DEDALUS — Materiale Per Tre Esecutori E Nastro Magnetico (review)

DEDALUS — Materiale Per Tre Esecutori E Nastro Magnetico album cover Album · 1974 · Fusion Buy this album from MMA partners
3/5 ·
siLLy puPPy
Well one thing is for sure. DEDALUS showed on their debut album that they were certainly open-minded and willing to take risks and experiment but absolutely no one, especially the jazz-rock-fusion fans of their debut could have seen this one coming. For some reason, DEDALUS decided it was time to move on after one album of primo jazz-fusion workouts and go to even stranger pastures. In this case they took on a real career killer and tackled musique concrète and pointillistic surrealism. The result is an album that gets almost universally panned for it sounds absolutely nothing like the debut and i can only imagine how many jazz-fusion lovers over the years have fallen for the debut only to scratch their heads after listening to this one! Part of the situation was that the bassist Furio De Castri parted ways after the debut. Instead of the sensible decision of replacing him, the remaining four members decided to let their freak flag unfurl full staff and really go for it in the experimental department which pretty much destroyed all momentum they had built and pretty much ended their musical credibility. Instead of syncopated jazz rhythms mixed with solo tradeoffs and spaced out freak outs, we get a series of clanging cans, breaking bottles, piano sweeps and various other noises such as cats meowing, operatic meanderings and whacked out outbursts. There are still traces of jazz here and there with drum rolls, sax runs and even violins but they appear sporadically. There are also scant outbursts of melodies that are fleeting but nonetheless present themselves.

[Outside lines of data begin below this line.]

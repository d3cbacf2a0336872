-- ===== src/Service/Deploy.antt =====
-- internal/service/factory.go: `DeployMarketRequest` and `BuildDeployMarketTx`.
pub mod Laws
pub mod Call
use total.Prelude.{Option, none, some, ◌++◌, if◌then◌else◌}
use total.Prelude.Int.{ℤ}
use total.Bytes.{Bytes, text, is_empty}
use total.Errors.{
  Error, sentinel, Result, ok, err, both, Action, ◌>>=◌, ◌>>◌, during, lift, pure, reject, plain,
  factory_not_configured, invalid_metadata_hash, invalid_liquidity_param,
}
use total.Model.{TransactionResult, zero_float}
use total.Stellar.Builder.{build_deploy_market_tx, simulate_and_prepare_tx}
use total.Soroban.Client.{State}
use total.Service.Amount.{safe_float_to_int64, scale}
use total.Service.Reading.{check}
use total.Service.Factory.{FactoryService}
use total.Platform.{Platform}

module _ (P : Platform) where
  open P use {floats}

  pub record DeployMarketRequest : Type 0 where
    pub liquidity_param : floats.Float
    pub metadata_hash : Bytes
    pub initial_funding : floats.Float

  -- 70% of the liquidity parameter
  abbrev pub min_funding : DeployMarketRequest → floats.Float
  min_funding r = floats.mul r.liquidity_param (floats.constant 7 1)

  unfoldable pub validate_deploy : DeployMarketRequest → Option Error
  validate_deploy r =
      if floats.le r.liquidity_param (zero_float floats)
      then some (sentinel invalid_liquidity_param)
      else if is_empty r.metadata_hash
      then some (sentinel invalid_metadata_hash)
      else if floats.lt r.initial_funding (min_funding r)
      then some (
          plain (
            text "initial funding must be at least "
            ++ (floats.show_fixed 2 (min_funding r) ++ text " (70% of liquidity parameter)")))
      else none

  unfoldable pub random_salt : Action (State P) Bytes
  random_salt s = let (r, w) = P.random_salt s.world in (r, record s { world = w })

  -- A float of tokens as an int64 of their smallest units.
  unfoldable pub scaled : floats.Float → Result ℤ
  scaled f = safe_float_to_int64 floats (floats.mul f (scale floats))

  unfoldable pub build_deploy_market_tx_for :
      FactoryService P → DeployMarketRequest → Action (State P) TransactionResult
  unfolding random_salt scaled
  build_deploy_market_tx_for m r = do
    reject (is_empty m.factory_contract) (sentinel factory_not_configured)
    check "deploy request validation failed: " (validate_deploy r)
    salt ← during "failed to generate salt: " random_salt
    liquidity ← during "invalid liquidity parameter: " (lift (scaled r.liquidity_param))
    funding ← during "invalid initial funding: " (lift (scaled r.initial_funding))
    tx_xdr ← during "failed to build deploy transaction: " (
        build_deploy_market_tx P m.tx_builder (record {
          oracle_public_key = m.oracle_public_key;
          factory_contract = m.factory_contract;
          liquidity_param = liquidity;
          metadata_hash = r.metadata_hash;
          initial_funding = funding;
          salt = salt;
        }))
    xdr ← during "failed to simulate transaction: " (simulate_and_prepare_tx P m.tx_builder tx_xdr)
    pure (record {
      xdr = xdr;
      description =
          text "Deploy new market (b="
          ++ (floats.show_fixed 2 r.liquidity_param
              ++ (text ", funding=" ++ (floats.show_fixed 2 r.initial_funding ++ text ")")));
      sign_with = m.oracle_public_key;
      submit_url = m.soroban_client.rpc_url;
    })
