-- ===== src/Handler/Forms.antt =====
-- internal/handler/market.go: the parts of forms. A form is refused with a text, and status 400.
use total.Prelude.{String, ◌||◌, none, some, ◌⊎◌, inl, inr, if◌then◌else◌}
use total.Bytes.{Bytes, text, is_empty, trim_space}
use total.Errors.{Result, ok, err, both, value?}
use total.Model.{Outcome, parse_outcome, zero_float}
use total.Service.Requests.{TradeRequest, max_slippage}
use total.Handler.Web.{Request}
use total.Platform.{Platform}

abbrev pub Form : Type 0 → Type 0
Form A = Bytes ⊎ A

abbrev pub then_form : {A B : Type 0} → Form A → (A → Form B) → Form B
then_form (inl m) f = inl m
then_form (inr a) f = f a

-- `r.ParseForm()`
abbrev pub require_form : Request → Form (Unit {0})
require_form r = elim r.form_error [ none ↦ inr tt | some e ↦ inl (text "Invalid form data") ]

abbrev pub outcome_of : Result Outcome → Form Outcome
outcome_of (ok o) = inr o
outcome_of (err e) = inl (text "Invalid outcome: must be YES or NO")
outcome_of (both o e) = inl (text "Invalid outcome: must be YES or NO")

unfoldable pub require_outcome : Bytes → Form Outcome
require_outcome s = outcome_of (parse_outcome s)

module _ (P : Platform) where
  open P use {floats}

  unfoldable pub require_address : Bytes → Form Bytes
  require_address key = elim (P.parse_address key) [
    | none ↦ inr key
    | some e ↦ inl (text "Invalid Stellar public key")
  ]

  -- A number above zero, refused with a text.
  unfoldable pub require_positive : String → Bytes → Form floats.Float
  require_positive message s = elim (value? (floats.parse s)) [
    | none ↦ inl (text message)
    | some f ↦ if floats.le f (zero_float floats) then inl (text message) else inr f
  ]

  -- `model.DefaultSlippage`
  abbrev pub default_slippage : floats.Float
  default_slippage = floats.constant 1 2

  unfoldable pub require_slippage : Bytes → Form floats.Float
  require_slippage s = if is_empty s then inr default_slippage else elim (value? (floats.parse s)) [
    | none ↦ inl (text "Invalid slippage: must be a number")
    | some f ↦
        if floats.le f (zero_float floats) || floats.lt (max_slippage floats) f
        then inl (text "Invalid slippage: must be between 0 and 10% (e.g., 0.01 for 1%)")
        else inr f
  ]

  -- The form of `handleBuildBuyTx` and of `handleBuildSellTx`.
  unfoldable pub trade_form : Request → Form (TradeRequest P)
  unfolding require_address require_outcome require_positive require_slippage
  trade_form r = then_form (require_form r) λ _.
      then_form (require_address (trim_space (r.form "user_public_key"))) λ key.
        then_form (require_outcome (r.form "outcome")) λ outcome.
          then_form (require_positive "Invalid amount" (r.form "amount")) λ amount.
            then_form (require_slippage (r.form "slippage")) λ slippage. inr (record {
              user_public_key = key;
              contract_id = r.path_id;
              outcome = outcome;
              share_amount = amount;
              slippage = slippage;
            })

For anyone to enjoy this they must really have had some exposure to some of the avant- garde music of the 50s and 60s. There reminds me a lot of John Cage and his surrealist musical vision and the strange musique concrète of Edgar Varèse but most of all i get a Karlheinz Stockhausen vibe whose pointillistic musical impressionism is the main focus here. Like a good impressionalist painter, DEDALUS paints sonic textures with bloops and bleeps and scant traces of an underlying motif. I like to think of this in general as a ride in a canoe with the chaotic swirls and eddys of water that surround the canoe as the main focus that lead to an underlying object but only as indirect evidence that has to be mounted to come to the final conclusion.

Yes, this is ridiculously convoluted and complex and most listeners will not give this the time of day, but i personally find this kind of music stimulating on rare occasions. I think of this as the musical equivalent to those rare nutrients that the body needs like molybdenum that are only needed in the smallest of doses but yet are essential for the overall health of an organism. There is something about listening to this on the rare occasion that is kind of like defragging your computer. It just kind of makes melodic music sound better! Maybe i'm just a disturbed individual for finding any joy in this whatsoever, but being familiar with the avant-garde classical artists that preceded has aided in my understanding. Admittedly, WTF were these guys thinking?!!! This pretty much ended a promising career and they should have at least put out a couple more stellar jazz-fusion releases before doing anything this alienating to their fans.

As a litmus test you can ask yourself if you can tolerate Area's "Caos" from Maledetti and if the answer is yes, then you can take that track and make a whole album out of it and it will give you a hint of what's going on here. I certainly wouldn't call this essential but this certainly is more than random noise going on. Like the invisible canoe on the flowing stream that creates wakes and hydrologic distortions, this music is the impression of an underlying unheard musical structure that demands your full attention and multiple listens to discern. There are occasional classical motifs that just briefly bubble up from the underworld. This album is tacked on to the end of remastered versions of the debut album. It may not be essential but is well worth it if it's a freebie and can satisfy one's utmost strangest musical urges when the mood hits, at least it does for yours truly.